Each FGT PMA contains 3 PLLs; slow, medium and fast. FGT PMAs are organized in a quad. The k counter and strobe bit Avalon® memory-mapped interface register addresses depend on the location of the transceiver in the quad and which PLL is used (slow, medium, fast) as shown in the table below.

Table 72.  FGT PMA Fractional k Counter and Strobe Register Addresses
Channel Location in Quad PLL Fractional k Counter Register Strobe Register
0 Slow 0x44000[30:9] 0x4400C[17]
Medium 0x44100[30:9] 0x4410C[17]
Fast 0x44200[30:9] 0x4420C[17]
1 Slow 0x4C000[30:9] 0x4C00C[17]
Medium 0x4C100[30:9] 0x4C10C[17]
Fast 0x4C200[30:9] 0x4C20C[17]
2 Slow 0x54000[30:9] 0x5r00C[17]
Medium 0x54100[30:9] 0x5410C[17]
Fast 0x54200[30:9] 0x5420C[17]
3 Slow 0x5C000[30:9] 0x5C00C[17]
Medium 0x5C100[30:9] 0x5C10C[17]
Fast 0x5C200[30:9] 0x5C20C[17]
You can find the transceiver location and PLL selected in the <design_name>.syn.rpt generated by the Intel® Quartus® Prime Pro Edition software as shown in the following figure.

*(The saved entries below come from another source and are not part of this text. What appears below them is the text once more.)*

-- ===== src/Threads/Life/Locks.antt =====
-- The locks of a new thread, and the lock of the identifiers, where no thread has to wait.
use pintos_project.Base.{
  ℕ, ◌+◌, ◌-◌, ◌%◌, ◌^◌, ◌≤◌, ◌≡◌, refl, ap, ◌∙◌, ◌≢◌, true, false, not, some, [], ◌==◌, ltb,
  update, arith, assert_passes, some->>=, if_false,
}
use pintos_project.Threads.Kernel.{with_level, intr_set_level, set_level_outside}
use pintos_project.Threads.Synch.{
  Sync, set_kernel, set_holder, set_sema, sema_init, sema_down, down_once, lock_init,
  lock_acquire_other, lock_acquire, lock_release, sema_up, yield_to, value_up,
}
use pintos_project.Threads.Life.{Life, acquire_at_once, init_locks, allocate_tid}

abbrev pub fresh_lock : ℕ → Sync → Sync
fresh_lock l s =
    set_sema (record s { holders = update s.holders l 0 }) l (record { value = 1; waiters = [] })

lock_init_new : (l : ℕ) (s : Sync) → l ≢ 0 → lock_init l s ≡ some (fresh_lock l s)
unfolding lock_init sema_init
lock_init_new l s nz = let test : (l == 0) ≡ false = ground (arith, nz) in rw test refl

abbrev pub taken_by : ℕ → ℕ → Sync → Sync
taken_by l t s =
    set_holder l t (set_sema s l (record (s.semas l) { value = (s.semas l).value - 1 }))

down_once_free :
    (a : ℕ) (s : Sync)
    → (s.semas a).value ≢ 0
    → down_once a s
      ≡ some (true, set_sema s a (record (s.semas a) { value = (s.semas a).value - 1 }))
unfolding down_once
down_once_free a s v = if_false ((s.semas a).value == 0) _ _ (ground (arith, v))

sema_down_free :
    (a : ℕ) (s : Sync)
    → a ≢ 0
    → s.kernel.in_external ≡ false
    → (s.semas a).value ≢ 0
    → sema_down a s
      ≡ some (true, set_sema s a (record (s.semas a) { value = (s.semas a).value - 1 }))
unfolding sema_down
sema_down_free a s nz ext v =
    let off = with_level false s.kernel in
    assert_passes (not (a == 0)) _ (ground (arith, nz)) (
      assert_passes (not s.kernel.in_external) _ (ap not ext) (
        some->>= (down_once a (set_kernel s off)) _ (down_once_free a (set_kernel s off) v) (
          some->>= (intr_set_level s.kernel.intr_on off) _
            (set_level_outside s.kernel.intr_on off ext) refl)))

lock_acquire_other_free :
    (l t : ℕ) (s : Sync)
    → l ≢ 0
    → s.kernel.in_external ≡ false
    → (s.semas l).value ≢ 0
    → lock_acquire_other l t s ≡ some (true, taken_by l t s)
unfolding lock_acquire_other
lock_acquire_other_free l t s nz ext v = assert_passes (not (l == 0)) _ (ground (arith, nz)) (
    assert_passes (not s.kernel.in_external) _ (ap not ext)
      (some->>= (sema_down l s) _ (sema_down_free l s nz ext v) refl))

lock_acquire_free :
    (l : ℕ) (s : Sync)
    → l ≢ 0
    → s.kernel.in_external ≡ false
    → (s.semas l).value ≢ 0
    → s.holders l ≢ s.kernel.current
    → lock_acquire l s ≡ some (true, taken_by l s.kernel.current s)
unfolding lock_acquire
lock_acquire_free l s nz ext v other = assert_passes (not (l == 0)) _ (ground (arith, nz)) (
    assert_passes (not s.kernel.in_external) _ (ap not ext) (
      assert_passes (not (s.holders l == s.kernel.current)) _ (ground (arith, other))
        (some->>= (sema_down l s) _ (sema_down_free l s nz ext v) refl)))

acquire_at_once_free :
    (l t : ℕ) (s : Sync)
    → l ≢ 0
    → s.kernel.in_external ≡ false
    → (s.semas l).value ≢ 0
    → acquire_at_once l t s ≡ some (taken_by l t s)
unfolding acquire_at_once
acquire_at_once_free l t s nz ext v =
    some->>= (lock_acquire_other l t s) _ (lock_acquire_other_free l t s nz ext v) refl

-- The locks of a new thread: the four are set up, and it holds three of them.
abbrev pub with_locks : ℕ → Sync → Sync
with_locks t s =
    let s4 =
      fresh_lock (t + 128) (fresh_lock (t + 104) (fresh_lock (t + 56) (fresh_lock (t + 80) s))) in
    taken_by (t + 128) t (taken_by (t + 56) t (taken_by (t + 104) t s4))

pub init_locks_lem :
    (t : ℕ) (s : Sync) → s.kernel.in_external ≡ false → init_locks t s ≡ some (with_locks t s)
unfolding init_locks
init_locks_lem t s ext =
    let s1 = fresh_lock (t + 80) s in
    let s2 = fresh_lock (t + 56) s1 in
    let s3 = fresh_lock (t + 104) s2 in
    let s4 = fresh_lock (t + 128) s3 in
    let s5 = taken_by (t + 104) t s4 in
    let s6 = taken_by (t + 56) t s5 in
    some->>= (lock_init (t + 80) s) _ (lock_init_new (t + 80) s (omega arith)) (
      some->>= (lock_init (t + 56) s1) _ (lock_init_new (t + 56) s1 (omega arith)) (
        some->>= (lock_init (t + 104) s2) _ (lock_init_new (t + 104) s2 (omega arith)) (
          some->>= (lock_init (t + 128) s3) _ (lock_init_new (t + 128) s3 (omega arith)) (
            some->>= (acquire_at_once (t + 104) t s4) _
              (acquire_at_once_free (t + 104) t s4 (omega arith) ext (ground arith))
              (some->>= (acquire_at_once (t + 56) t s5) _
                (acquire_at_once_free (t + 56) t s5 (omega arith) ext (ground arith))
                (acquire_at_once_free (t + 128) t s6 (omega arith) ext (ground arith)))))))

-- The lock of the identifiers, free, is taken and released again at once, if the variable of sema_up that
-- is not set holds no more than the priority of the running thread.
abbrev pub IsFree : ℕ → Sync → Type 0
IsFree l s = ((s.semas l).value ≡ 1) × ((s.semas l).waiters ≡ []) × (s.holders l ≢ s.kernel.current)

yield_to_quiet :
    (junk : ℕ) (s : Sync)
    → junk ≤ (s.kernel.threads s.kernel.current).priority
    → yield_to junk s ≡ some s
unfolding yield_to
yield_to_quiet junk s le =
    let quiet : ltb (s.kernel.threads s.kernel.current).priority junk ≡ false =
      ground (arith, le) in
    rw quiet refl

sema_up_alone :
    (junk a : ℕ) (s : Sync)
    → a ≢ 0
    → s.kernel.in_external ≡ false
    → (s.semas a).waiters ≡ []
    → junk ≤ (s.kernel.threads s.kernel.current).priority
    → sema_up junk a s
      ≡ some (set_sema s a (record { value = value_up (s.semas a).value; waiters = [] }))
unfolding sema_up
sema_up_alone junk a s nz ext no_one le = assert_passes (not (a == 0)) _ (ground (arith, nz)) (
    rw no_one (
      some->>= (intr_set_level s.kernel.intr_on s.kernel) _
        (set_level_outside s.kernel.intr_on s.kernel ext)
        (yield_to_quiet junk
            (set_sema s a (record (s.semas a) { value = value_up (s.semas a).value })) le
          ∙ ap
              (λ w.
                some (set_sema s a (record { value = value_up (s.semas a).value; waiters = w })))
              no_one)))

lock_release_alone :
    (junk l : ℕ) (s : Sync)
    → l ≢ 0
    → s.kernel.in_external ≡ false
    → (s.semas l).waiters ≡ []
    → s.holders l ≡ s.kernel.current
    → junk ≤ (s.kernel.threads s.kernel.current).priority
    → lock_release junk l s
      ≡ some (
          set_sema
            (set_holder l 0 s)
            l
            (record { value = value_up (s.semas l).value; waiters = [] }))
unfolding lock_release
lock_release_alone junk l s nz ext no_one held le =
    assert_passes (not (l == 0)) _ (ground (arith, nz)) (
      assert_passes (s.holders l == s.kernel.current) _ (ground (arith, held))
        (sema_up_alone junk l (set_holder l 0 s) nz ext no_one le))

-- The lock taken and released.
abbrev pub unlocked : ℕ → Sync → Sync
unlocked l s =
    let s1 = taken_by l s.kernel.current s in
    set_sema (set_holder l 0 s1) l (record { value = value_up (s1.semas l).value; waiters = [] })

-- The next identifier is given, and is then the largest one.
pub allocate_tid_lem :
    (junk tid_lock : ℕ) (l : Life)
    → tid_lock ≢ 0
    → l.sync.kernel.in_external ≡ false
    → IsFree tid_lock l.sync
    → junk ≤ (l.sync.kernel.threads l.sync.kernel.current).priority
    → allocate_tid junk tid_lock l
      ≡ some (
        l.next_tid,
        record l {
          sync = unlocked tid_lock l.sync;
          next_tid = (l.next_tid + 1) % 2 ^ 32;
          max_tid = l.next_tid;
        },
      )
unfolding allocate_tid
allocate_tid_lem junk tid_lock l nz ext (one, no_one, other) le =
    let cur = l.sync.kernel.current in
    let s1 = taken_by tid_lock cur l.sync in
    some->>= (lock_acquire tid_lock l.sync) _
      (lock_acquire_free tid_lock l.sync nz ext (omega (arith, one)) other)
      (some->>= (lock_release junk tid_lock s1) _
        (lock_release_alone junk tid_lock s1 nz ext (ground (arith, no_one)) (ground arith) le)
        (assert_passes (cur == cur) _ (ground arith) refl))

pub unlocked-IsFree :
    (l : ℕ) (s : Sync) → IsFree l s → s.kernel.current ≢ 0 → IsFree l (unlocked l s)
unlocked-IsFree l s (one, no_one, other) nc =
    (ground (arith, one), ground (arith, no_one), ground (arith, nc))
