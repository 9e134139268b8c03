-- ===== src/Threads/Life/Birth.antt =====
-- thread_create makes a thread that is ready to run, on the page that it gets.
use Prim.Native.String.{String}
use pintos_project.Base.{
  ℕ, ◌+◌, ◌%◌, ◌^◌, ◌≤◌, ◌<◌, ◌≡◌, ◌≢◌, ◌⊎◌, true, false, some, List, [], ◌∷◌, ◌++◌, count, arith,
}
use pintos_project.Threads.Kernel.{Kernel, Thread, is_ready, thread_unblock}
use pintos_project.Threads.Kernel.Invariant.{IsValid, RunsHighest}
use pintos_project.Threads.Life.{Life, set_thread, push_all, init_fields, thread_from_tid, from_tid}
use pintos_project.Threads.Life.Locks.{IsFree}

-- The page of a new thread: no thread of the scheduler lives in it, nor the lock of the identifiers.
abbrev pub IsUnused : Kernel → ℕ → ℕ → Type 0
IsUnused k tid_lock t =
    (t ≢ k.current)
    × (t ≢ k.idle)
    × (is_ready (k.threads t).status ≡ false)
    × ((tid_lock < t) ⊎ (t + 4096 ≤ tid_lock))

-- The kernel behind init_thread, and behind the writing of the identifier.
abbrev inited : ℕ → String → ℕ → Kernel → Kernel
inited t name priority k = push_all t (set_thread t (init_fields name priority k) k)

abbrev pub born : ℕ → ℕ → String → ℕ → Kernel → Kernel
born t tid name priority k =
    let k1 = inited t name priority k in set_thread t (record (k1.threads t) { tid = tid }) k1

-- What holds where a thread is created.
pub record CanCreate (junk tid_lock : ℕ) (l : Life) : Type 0 where
  pub valid : IsValid l.sync.kernel
  pub highest : RunsHighest l.sync.kernel
  pub running : l.sync.kernel.current ≢ 0
  pub outside : l.sync.kernel.in_external ≡ false
  pub on : l.sync.kernel.intr_on ≡ true
  pub has_lock : tid_lock ≢ 0
  pub free : IsFree tid_lock l.sync
  pub quiet : junk ≤ (l.sync.kernel.threads l.sync.kernel.current).priority

-- The thread `t` was created with this identifier, and thread_unblock made it ready.
pub record IsCreated (t : ℕ) (name : String) (priority : ℕ) (l l' : Life) : Type 0 where
  pub unblocked :
      thread_unblock t (born t l.next_tid name priority l.sync.kernel) ≡ some l'.sync.kernel
  pub next : l'.next_tid ≡ (l.next_tid + 1) % 2 ^ 32
  pub largest : l'.max_tid ≡ l.next_tid
  pub valid : IsValid l'.sync.kernel
  pub highest : RunsHighest l'.sync.kernel

from_tid_snoc :
    (threads : ℕ → Thread) (tid t : ℕ) (ts : List ℕ)
    → ((u : ℕ) → count u ts ≢ 0 → (threads u).tid ≢ tid)
    → (threads t).tid ≡ tid
    → from_tid threads tid (ts ++ t ∷ []) ≡ t
unfolding from_tid
from_tid_snoc threads tid t [] fresh e = ground (arith, e)
from_tid_snoc threads tid t (u ∷ ts) fresh e =
    ground (arith, fresh u, from_tid_snoc threads tid t ts (λ w ne. ground (arith, fresh w, ne)) e)

-- thread_from_tid finds a thread that is created, by its identifier, if no thread of the list has that
-- identifier.
pub thread_from_tid-born :
    (t tid : ℕ) (name : String) (priority : ℕ) (k : Kernel)
    → ((u : ℕ) → count u k.all ≢ 0 → (k.threads u).tid ≢ tid)
    → count t k.all ≡ 0
    → thread_from_tid tid (born t tid name priority k) ≡ t
unfolding thread_from_tid
thread_from_tid-born t tid name priority k fresh out =
    let k' = born t tid name priority k in
    from_tid_snoc k'.threads tid t k.all (λ u ne. ground (arith, fresh u, ne, out)) (ground arith)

Figure 77. Sample Intel® Quartus® Prime Pro Edition Software Synthesis Compilation Result
; z1577a_u_ux_quad_3__ux3_synth_lc_med_en         ; enable                                   ; String        ;
; z1577a_u_ux_quad_3__ux3_synth_lc_med_f_out_hz           ; 0000000001010110011011010011111010000000 ; Unsigned Binary;
; z1577a_u_ux_quad_3__ux3_synth_lc_med_f_pfd_hz           ; 0000000000000000000000000000000000000000 ; Unsigned Binary;
; z1577a_u_ux_quad_3__ux3_synth_lc_med_f_ref_hz           ; 0000000000001000110110011110111000100000 ; Unsigned Binary;
; z1577a_u_ux_quad_3__ux3_synth_lc_med_f_rx_postdiv_hz    ; 0000000000010001010010010000110010000000 ; Unsigned Binary;
; z1577a_u_ux_quad_3__ux3_synth_lc_med_f_tx_postdiv_hz    ; 0000000000000110111010100000010100000000 ; Unsigned Binary;
; z1577a_u_ux_quad_3__ux3_synth_lc_med_f_vco_hz           ; 0000001010110011011010011111010000000000 ; Unsigned Binary;
; z1577a_u_ux_quad_3__ux3_synth_lc_med_fractional_en      ; enable                                   ; String         ;
; z1577a_u_ux_quad_3__ux3_synth_lc_med_k_counter          ; 0000111010100111001110                   ; Unsigned Binary;
; z1577a_u_ux_quad_3__ux3_synth_lc_med_l_counter          ; 001000                                   ; Unsigned Binary;
; z1577a_u_ux_quad_3__ux3_synth_lc_med_m_counter          ; 000100111                                ; Unsigned Binary;
; z1577a_u_ux_quad_3__ux3_synth_lc_med_n_counter          ; 000001                                   ; Unsigned Binary;
; z1577a_u_ux_quad_3__ux3_synth_lc_med_powerdown_mode     ; false                                    ; String         ;
; z1577a_u_ux_quad_3__ux3_synth_lc_med_primary_use        ; ux3_synth_lc_med_primary_use_disabled    ; String         ;
; z1577a_u_ux_quad_3__ux3_synth_lc_med_rx_postdiv_counter ; 00101000                                 ; Unsigned Binary;
; z1577a_u_ux_quad_3__ux3_synth_lc_med_tx_postdiv_counter ; 01100100                                 ; Unsigned Binary;
; z1577a_u_ux_quad_3__ux3_synth_lc_med_tx_postdiv_fractional_en ; disable                            ; String         ;
In the sample compilation result shown above, the FGT PMA is placed in quad 3, channel 3 and the medium PLL is used. The M counter is 39 (000100111) and the nominal K value is 0.057 (0000111010100111001110/2^22). The LSB in the k counter represents 6 ppb (parts per billion) (1/2^22/39.057). The k counter register address is 0x5C100[30:9] and the strobe register bit address is 0x5C10C[17].